*** Opening Dataset records ***
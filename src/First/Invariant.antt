-- ===== src/First/Invariant.antt =====
-- What holds of the members of operation_base of source/sio/sequence/first.hpp in every state that
-- can be reached.
use senders_io.Prelude.{
  sum-map_const, sum, sum-set, sum-part, sum_mono, ℕ, ◌+◌, ◌≤◌, ◌≡◌, refl, ap, ◌∙◌, ◌≢◌, inl, inr,
  true, false, Option, none, some, List, ◌∷◌, arith, ◌==◌, ==_iff, Bool-cases, length, get_elem?,
  set,
}
use senders_io.Interleaving.{System, Trace, Trace-keeps}
use senders_io.First.{
  Completion, set_stopped, Pc, running, construct, publish, stop_item, done, sequence, End, value,
  stopped, error, finished, Operation, complete, visit, visit_result, advance, busy, Ready, init,
}
use senders_io.First.Holds.{
  building, publishing, unstarted, waiting, filled, bit, Holds, building-le, unstarted-le,
  publishing-le, publishing-le-building,
}

module _ (total : ℕ) (o : Operation) (runs : List Pc) (h : Holds total o runs) (i : ℕ) where
  -- an action of an item after it has claimed the result or lost it
  item_acts :
      (p q : Pc) (o' : Operation)
      → get_elem? runs i ≡ some p
      → busy p ≡ 1
      → 1 ≤ o.emplaced
      → 1 ≤ o'.emplaced
      → o'.emplaced ≤ 2
      → building q + bit (o.emplaced == 1) ≡ building p + bit (o'.emplaced == 1)
      → filled o'.result + bit (o.emplaced == 2) + publishing p
        ≡ filled o.result + bit (o'.emplaced == 2) + publishing q
      → o'.completions ≡ o.completions
      → waiting q ≡ waiting p
      → o'.item_stops + busy q ≡ o.item_stops + busy p
      → o'.read_uninitialised ≡ o.read_uninitialised
      → Holds total o' (set runs i q)
  item_acts p q o' at b' one one' two b f c w s r = record {
    claimed = omega (arith, h.claimed, sum-set building runs i p q at);
    in_range = two;
    stored = omega (arith, h.stored, sum-set publishing runs i p q at);
    fresh = λ z. absurd (omega arith);
    told = omega (arith, h.told, ap (λ l. length l) c, sum-set waiting runs i p q at);
    stopped = omega (arith, h.stopped, sum-set busy runs i p q at);
    early = λ le.
        omega (
          arith,
          h.early (omega (arith, sum-part busy runs i p at)),
          sum-set waiting runs i p q at,
        );
    safe = λ le. r ∙ h.safe le;
  }

  claims :
      (c : Completion)
      → get_elem? runs i ≡ some (running c)
      → o.emplaced ≡ 0
      → Holds total (record o { emplaced = 1 }) (set runs i (construct c))
  claims c at z = record {
    claimed = omega (
      arith,
      h.claimed,
      ap (λ n. bit (n == 1)) z,
      sum-set building runs i (running c) (construct c) at,
    );
    in_range = omega arith;
    stored = omega (
      arith,
      h.stored,
      ap (λ n. bit (n == 2)) z,
      sum-set publishing runs i (running c) (construct c) at,
    );
    fresh = λ f. absurd (omega arith);
    told = omega (arith, h.told, sum-set waiting runs i (running c) (construct c) at);
    stopped = omega (arith, h.stopped, sum-set busy runs i (running c) (construct c) at);
    early = λ le. omega (
      arith,
      h.early (omega (arith, sum-part busy runs i (running c) at)),
      sum-set waiting runs i (running c) (construct c) at,
    );
    safe = h.safe;
  }

  -- the sequence completes
  ends :
      (p : Pc) (o' : Operation)
      → get_elem? runs i ≡ some p
      → sum busy runs ≡ 0
      → waiting p ≡ 1
      → building p ≡ 0
      → publishing p ≡ 0
      → unstarted p ≡ 0
      → busy p ≡ 0
      → o'.emplaced ≡ o.emplaced
      → o'.result ≡ o.result
      → o'.item_stops ≡ o.item_stops
      → length o'.completions ≡ 1
      → (1 ≤ total → o'.read_uninitialised ≡ false)
      → Holds total o' (set runs i finished)
  ends p o' at quiet wait b f u s same_emplaced same_result same_stops once safe = record {
    claimed = omega (
      arith,
      h.claimed,
      ap (λ n. bit (n == 1)) same_emplaced,
      sum-set building runs i p finished at,
    );
    in_range = omega (arith, h.in_range);
    stored = omega (
      arith,
      h.stored,
      ap (λ n. bit (n == 2)) same_emplaced,
      ap filled same_result,
      sum-set publishing runs i p finished at,
    );
    fresh = λ z. omega (arith, h.fresh (omega arith), sum-set unstarted runs i p finished at);
    told =
        omega (arith, h.told, sum-set waiting runs i p finished at, sum-part waiting runs i p at);
    stopped = omega (arith, h.stopped, sum-set busy runs i p finished at);
    early = λ le. absurd (omega (arith, sum-set busy runs i p finished at));
    safe = safe;
  }

  nothing_told : (p : Pc) → get_elem? runs i ≡ some p → waiting p ≡ 1 → length o.completions ≡ 0
  nothing_told p at w = omega (arith, h.told, sum-part waiting runs i p at)

  none_builds : sum busy runs ≡ 0 → o.emplaced ≢ 1
  none_builds quiet one = absurd (
      omega (arith, h.claimed, ap (λ n. bit (n == 1)) one, sum_mono building busy runs building-le))

  none_unstarted : sum busy runs ≡ 0 → o.emplaced ≡ 0 → total ≡ 0
  none_unstarted quiet z = omega (arith, h.fresh z, sum_mono unstarted busy runs unstarted-le)

  publishes_none : sum busy runs ≡ 0 → sum publishing runs ≡ 0
  publishes_none quiet = omega (arith, sum_mono publishing busy runs publishing-le)

  pub result_there : sum busy runs ≡ 0 → 1 ≤ o.emplaced → o.result ≢ none
  result_there quiet one e =
      absurd (ground (arith, h.stored, ap filled e, none_builds quiet, h.in_range))

  -- the result is there when it is visited, but for a sequence with no items
  visits :
      get_elem? runs i ≡ some (sequence value)
      → sum busy runs ≡ 0
      → Holds total (visit_result o) (set runs i finished)
  unfolding visit_result
  visits at quiet = elim (Bool-cases (o.emplaced == 0)) [
    | inl z ↦ rw z (unset o.result refl ((==_iff o.emplaced 0).0 z))
    | inr nz ↦ rw nz (emplaced o.result refl nz)
  ]
    where
      tells :
          (o' : Operation)
          → o'.emplaced ≡ o.emplaced
          → o'.result ≡ o.result
          → o'.item_stops ≡ o.item_stops
          → length o'.completions ≡ 1
          → (1 ≤ total → o'.read_uninitialised ≡ false)
          → Holds total o' (set runs i finished)
      tells o' = ends (sequence value) o' at quiet refl refl refl refl refl

      once : length o.completions ≡ 0
      once = nothing_told (sequence value) at refl

      unset :
          (r : Option Completion)
          → o.result ≡ r
          → o.emplaced ≡ 0
          → Holds total (visit r (complete o set_stopped)) (set runs i finished)
      unset none e z =
          tells (record o { completions = set_stopped ∷ o.completions; read_uninitialised = true })
            refl refl refl (omega (arith, once))
            (λ le. absurd (omega (arith, none_unstarted quiet z)))
      unset (some c) e z =
          absurd
            (omega (arith, h.stored, ap filled e, ap (λ n. bit (n == 2)) z, publishes_none quiet))

      emplaced :
          (r : Option Completion)
          → o.result ≡ r
          → (o.emplaced == 0) ≡ false
          → Holds total (visit r o) (set runs i finished)
      emplaced none e nz = absurd (result_there quiet (ground (arith, nz)) e)
      emplaced (some c) e nz = tells (complete o c) refl refl refl (omega (arith, once)) h.safe

  -- the others, when one run has claimed the result
  sole_builder :
      (p : Pc)
      → get_elem? runs i ≡ some p
      → building p ≡ 1
      → (o.emplaced ≡ 1) × (sum publishing runs ≡ publishing p)
  sole_builder p at b = (
    one,
    omega (
      arith,
      h.claimed,
      ap (λ n. bit (n == 1)) one,
      sum-set building runs i p done at,
      sum-set publishing runs i p done at,
      sum_mono publishing building (set runs i done) publishing-le-building,
    ),
  )
    where
      one : o.emplaced ≡ 1
      one = ground (arith, h.claimed, sum-part building runs i p at)

  stops_late : get_elem? runs i ≡ some stop_item → 1 ≤ o.emplaced
  stops_late at = elim (Bool-cases (o.emplaced == 0)) [
    | inl z ↦ absurd (
        omega (
          arith,
          h.fresh ((==_iff o.emplaced 0).0 z),
          h.stopped,
          sum-set busy runs i stop_item done at,
          sum-set unstarted runs i stop_item done at,
          sum_mono unstarted busy (set runs i done) unstarted-le,
        ))
    | inr nz ↦ ground (arith, nz)
  ]

  pub act :
      (p : Pc)
      → get_elem? runs i ≡ some p
      → Ready p runs
      → Holds total (advance p o).1 (set runs i (advance p o).0)
  unfolding advance
  act (running c) at ready = elim (Bool-cases (o.emplaced == 0)) [
    | inl z ↦ rw z (claims c at ((==_iff o.emplaced 0).0 z))
    | inr nz ↦ rw nz (
        item_acts (running c) stop_item o at refl (ground (arith, nz)) (ground (arith, nz))
          h.in_range refl refl refl refl refl refl)
  ]
  act (construct c) at ready =
      let (one, alone) = sole_builder (construct c) at refl in
      item_acts (construct c) publish (record o { result = some c }) at refl (omega arith)
        (omega arith) h.in_range refl (omega (arith, h.stored, ap (λ n. bit (n == 2)) one)) refl
        refl refl refl
  act publish at ready =
      let (one, alone) = sole_builder publish at refl in
      item_acts publish stop_item (record o { emplaced = 2 }) at refl (omega arith) (omega arith)
        (omega arith) (omega (arith, ap (λ n. bit (n == 1)) one))
        (omega (arith, ap (λ n. bit (n == 2)) one)) refl refl refl refl
  act stop_item at ready =
      item_acts stop_item done (record o { item_stops = o.item_stops + 1 }) at refl (stops_late at)
        (stops_late at) h.in_range refl refl refl refl (omega arith) refl
  act done at ready = absurd ready
  act (sequence value) at ready = visits at ready
  act (sequence stopped) at ready =
      ends (sequence stopped) _ at ready refl refl refl refl refl refl refl refl
        (omega (arith, nothing_told (sequence stopped) at refl)) h.safe
  act (sequence (error e)) at ready =
      ends (sequence (error e)) _ at ready refl refl refl refl refl refl refl refl
        (omega (arith, nothing_told (sequence (error e)) at refl)) h.safe
  act finished at ready = absurd ready

pub begins :
    (last : End) (items : List Completion)
    → Holds (length items) (init last items).op (init last items).runs
begins last items = record {
  claimed = omega (arith, sum-map_const building running 0 items (λ c. refl));
  in_range = omega arith;
  stored = omega (arith, sum-map_const publishing running 0 items (λ c. refl));
  fresh = λ z. omega (arith, sum-map_const unstarted running 1 items (λ c. refl));
  told = omega (arith, sum-map_const waiting running 0 items (λ c. refl));
  stopped = omega (arith, sum-map_const busy running 1 items (λ c. refl));
  early = λ le. omega (arith, sum-map_const waiting running 0 items (λ c. refl));
  safe = λ le. refl;
}

pub Trace-Holds :
    (last : End) (items : List Completion) {n : ℕ} {s : System Operation Pc}
    → Trace advance Ready (init last items) n s
    → Holds (length items) s.op s.runs
Trace-Holds last items =
    Trace-keeps advance Ready (λ s. Holds (length items) s.op s.runs)
      (λ t i pc h at ready. act (length items) t.op t.runs h i pc at ready) (begins last items)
*** Closing Dataset records ***
→ **What is needed**: Using the entries shown above, reproduce verbatim the lines from the line bearing "emplaced (some c)" to the line bearing "sum-set busy runs i stop_item", inclusive.

→ **Exercise answer**:
      emplaced (some c) e nz = tells (complete o c) refl refl refl (omega (arith, once)) h.safe

  -- the others, when one run has claimed the result
  sole_builder :
      (p : Pc)
      → get_elem? runs i ≡ some p
      → building p ≡ 1
      → (o.emplaced ≡ 1) × (sum publishing runs ≡ publishing p)
  sole_builder p at b = (
    one,
    omega (
      arith,
      h.claimed,
      ap (λ n. bit (n == 1)) one,
      sum-set building runs i p done at,
      sum-set publishing runs i p done at,
      sum_mono publishing building (set runs i done) publishing-le-building,
    ),
  )
    where
      one : o.emplaced ≡ 1
      one = ground (arith, h.claimed, sum-part building runs i p at)

  stops_late : get_elem? runs i ≡ some stop_item → 1 ≤ o.emplaced
  stops_late at = elim (Bool-cases (o.emplaced == 0)) [
    | inl z ↦ absurd (
        omega (
          arith,
          h.fresh ((==_iff o.emplaced 0).0 z),
          h.stopped,
          sum-set busy runs i stop_item done at,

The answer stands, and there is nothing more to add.